Medicaid enrollment increased by an estimated 20 million people from February 2020 through March 2023, according to data from KFF. The organization also estimates that 17 million could lose Medicaid coverage as states unwind the continuous enrollment provision, which includes people who are no longer eligible and people who are eligible but face administrative barriers to renewal.
The loss of Medicaid enrollment will likely reverse the gains in insurance coverage, which hit its lowest level on record in early 2022.
Kaufman Hall points out that hospital volumes also dropped across the board, including inpatient and outpatient volumes. The consulting firm says volume decreases combined with increases in bad debt and charity care could signal the start of widespread disenrollment from Medicaid after the PHE.
“With states conducting their Medicaid eligibility redetermination, it’s predicted that hundreds of thousands of people will ultimately become uninsured,” Erik Swanson, senior vice president of Data and Analytics with Kaufman Hall, said in a press release emailed to RevCycleIntelligence. “The data indicate that we may already be seeing the effects of disenrollment materialize with patients less likely to seek out the care they need and a continued rise in bad debt and charity care.”
Hospitals will have to manage the impact of the PHE’s end while paying more for supplies and labor, the report also indicates.

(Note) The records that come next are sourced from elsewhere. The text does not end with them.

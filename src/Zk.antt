-- ===== src/Zk.antt =====
-- The shielded pool (crates/zeno-zk/src/lib.rs): commitments, their Merkle tree, and the pool. The
-- empty hashes are a table that every public method fills before it reads it; here they are a
-- function of the number of levels below. Random bytes are arguments.
pub mod Pool
pub mod Tree
pub mod Completeness
pub mod DoubleSpend
pub mod Binding
pub mod Precompile
mod Tests
use Prim.Native.String.{String}
use zeno_final_code.Common.{
  ℕ, zero, suc, ◌+◌, ◌-◌, ◌*◌, ◌/◌, ◌%◌, ◌^◌, Bool, true, false, Option, none, some, List, [], ◌∷◌,
  ◌++◌, length, ltb, leb, ◌==◌, if◌then◌else◌, unwrap_or,
}
use zeno_final_code.Common.Results.{Result, ok, err}
use zeno_final_code.TreeMap
use zeno_final_code.TreeMap.{TreeMap, pair_key}
use zeno_final_code.Hash.{Bytes, Hash32, Digests, bytes_eq, zero_hash}

abbrev pub commitment_tree_depth : ℕ
commitment_tree_depth = 32

-- b"zeno.zk.commitment.v1"
abbrev pub commitment_domain : Bytes
commitment_domain =
    b'z' ∷ b'e' ∷ b'n' ∷ b'o' ∷ b'.' ∷ b'z' ∷ b'k' ∷ b'.' ∷ b'c' ∷ b'o' ∷ b'm' ∷ b'm' ∷ b'i' ∷ b't'
    ∷ b'm' ∷ b'e' ∷ b'n' ∷ b't' ∷ b'.' ∷ b'v' ∷ b'1' ∷ []

-- b"zeno.zk.nullifier.v1"
abbrev pub nullifier_domain : Bytes
nullifier_domain =
    b'z' ∷ b'e' ∷ b'n' ∷ b'o' ∷ b'.' ∷ b'z' ∷ b'k' ∷ b'.' ∷ b'n' ∷ b'u' ∷ b'l' ∷ b'l' ∷ b'i' ∷ b'f'
    ∷ b'i' ∷ b'e' ∷ b'r' ∷ b'.' ∷ b'v' ∷ b'1' ∷ []

-- b"zeno.zk.tree_node.v1"
abbrev pub tree_node_domain : Bytes
tree_node_domain =
    b'z' ∷ b'e' ∷ b'n' ∷ b'o' ∷ b'.' ∷ b'z' ∷ b'k' ∷ b'.' ∷ b't' ∷ b'r' ∷ b'e' ∷ b'e' ∷ b'_' ∷ b'n'
    ∷ b'o' ∷ b'd' ∷ b'e' ∷ b'.' ∷ b'v' ∷ b'1' ∷ []

-- b"zeno.zk.empty_leaf.v1"
abbrev pub tree_empty_domain : Bytes
tree_empty_domain =
    b'z' ∷ b'e' ∷ b'n' ∷ b'o' ∷ b'.' ∷ b'z' ∷ b'k' ∷ b'.' ∷ b'e' ∷ b'm' ∷ b'p' ∷ b't' ∷ b'y' ∷ b'_'
    ∷ b'l' ∷ b'e' ∷ b'a' ∷ b'f' ∷ b'.' ∷ b'v' ∷ b'1' ∷ []

pub data ZkError : Type 0 where
  duplicate_commitment nullifier_already_spent invalid_merkle_proof : ZkError
  commitment_not_found insufficient_balance : ZkError
  verification_failed : String → ZkError

pub record ShieldedNote : Type 0 where
  pub value : ℕ
  pub blinding : Bytes
  pub spending_key : Bytes
  pub commitment : Hash32
  pub nullifier : Hash32
  pub tree_index : Option ℕ

pub record CommitmentMerkleProof : Type 0 where
  pub commitment : Hash32
  pub index : ℕ
  pub siblings : List Hash32

pub record CommitmentTree : Type 0 where
  pub leaf_count : ℕ
  pub nodes : TreeMap (ℕ × ℕ) Hash32

-- `CommitmentTree::new`.
abbrev pub new_tree : CommitmentTree
new_tree = record { leaf_count = 0; nodes = [] }

-- The bytes of a fixed-size number, least significant first.
unfoldable pub to_le_bytes : ℕ → ℕ → Bytes
to_le_bytes zero a = []
to_le_bytes (suc n) a = (a % 256) ∷ to_le_bytes n (a / 256)

module _ (d : Digests) where
  unfoldable pub compute_commitment : ℕ → Bytes → Hash32
  compute_commitment value blinding =
      d.blake3 (commitment_domain ++ (to_le_bytes 16 value ++ blinding))

  unfoldable pub compute_nullifier : Hash32 → Bytes → Hash32
  compute_nullifier commitment spending_key =
      d.blake3 (nullifier_domain ++ (commitment ++ spending_key))

  -- `create_note_with_key`, on the bytes that it draws; `create_note` draws the key, too.
  unfoldable pub create_note_with_key : ℕ → Bytes → Bytes → ShieldedNote
  create_note_with_key value blinding spending_key = record {
    value = value;
    blinding = blinding;
    spending_key = spending_key;
    commitment = compute_commitment value blinding;
    nullifier = compute_nullifier (compute_commitment value blinding) spending_key;
    tree_index = none;
  }

  unfoldable pub tree_node_hash : Hash32 → Hash32 → Hash32
  tree_node_hash left right = d.blake3 (tree_node_domain ++ (left ++ right))

  -- `compute_empty_hashes()[COMMITMENT_TREE_DEPTH - n]`.
  unfoldable pub empty_hash : ℕ → Hash32
  empty_hash zero = d.blake3 tree_empty_domain
  empty_hash (suc n) = let below = empty_hash n in tree_node_hash below below

  -- `node_hash`, on the map of the nodes.
  unfoldable pub node_at : TreeMap (ℕ × ℕ) Hash32 → ℕ → ℕ → Hash32
  node_at nodes depth index = unwrap_or (TreeMap.get (depth, index) nodes) (
      if ltb depth (commitment_tree_depth + 1)
      then empty_hash (commitment_tree_depth - depth)
      else zero_hash)

  unfoldable pub root : CommitmentTree → Hash32
  root tree = node_at tree.nodes 0 0

  -- The loop of `insert`, from `depth` levels below the root upwards.
  unfoldable pub update_path : ℕ → ℕ → TreeMap (ℕ × ℕ) Hash32 → TreeMap (ℕ × ℕ) Hash32
  update_path zero current nodes = nodes
  update_path (suc depth) current nodes =
      let parent = current / 2 in
      let left = node_at nodes (suc depth) (parent * 2) in
      let right = node_at nodes (suc depth) (parent * 2 + 1) in
      update_path depth parent (TreeMap.insert (depth, parent) (tree_node_hash left right) nodes)

  unfoldable pub insert : Hash32 → CommitmentTree → Result ZkError ℕ × CommitmentTree
  insert commitment tree =
      let index = tree.leaf_count in
      if leb (2 ^ commitment_tree_depth) index
      then (err (verification_failed "tree is full"), tree)
      else (
        ok index,
        record {
          leaf_count = index + 1;
          nodes =
              update_path commitment_tree_depth index
                (TreeMap.insert (commitment_tree_depth, index) commitment tree.nodes);
        },
      )

  -- The loop of `prove`.
  unfoldable pub collect_siblings : ℕ → ℕ → TreeMap (ℕ × ℕ) Hash32 → List Hash32
  collect_siblings zero current nodes = []
  collect_siblings (suc depth) current nodes =
      node_at nodes (suc depth) (if current % 2 == 0 then current + 1 else current - 1)
      ∷ collect_siblings depth (current / 2) nodes

  unfoldable pub prove : ℕ → CommitmentTree → Result ZkError CommitmentMerkleProof
  prove index tree =
      if leb tree.leaf_count index
      then err commitment_not_found
      else ok (record {
        commitment = node_at tree.nodes commitment_tree_depth index;
        index = index;
        siblings = collect_siblings commitment_tree_depth index tree.nodes;
      })

  -- The loop of `verify_commitment_proof`.
  unfoldable pub climb : ℕ → List Hash32 → Hash32 → Hash32
  climb index [] current = current
  climb index (s ∷ siblings) current =
      climb (index / 2) siblings
        (if index % 2 == 0 then tree_node_hash current s else tree_node_hash s current)

  unfoldable pub verify_commitment_proof : CommitmentMerkleProof → Hash32 → Bool
  verify_commitment_proof p expected_root =
      if length p.siblings == commitment_tree_depth
      then bytes_eq (climb p.index p.siblings p.commitment) expected_root
      else false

Labor expenses continued to increase in April, with labor expense per adjusted discharge rising 3.0 percent compared to March. Costs of goods and services also continued to be well above pre-pandemic levels.
However, overall expenses fell slightly in April, the report shows. Still, inflation continues to “throttle hospital finances,” the report states, especially as operating revenues took a 5.0 percent hit month-over-month.
“Hospital and health system leaders must figure out how to navigate the new financial reality and begin to take action,” said Swanson. “In the face of operating margins that may never fully recover and inflated expenses, developing and executing a strategic path forward to a future that is financially sustainable is crucial.”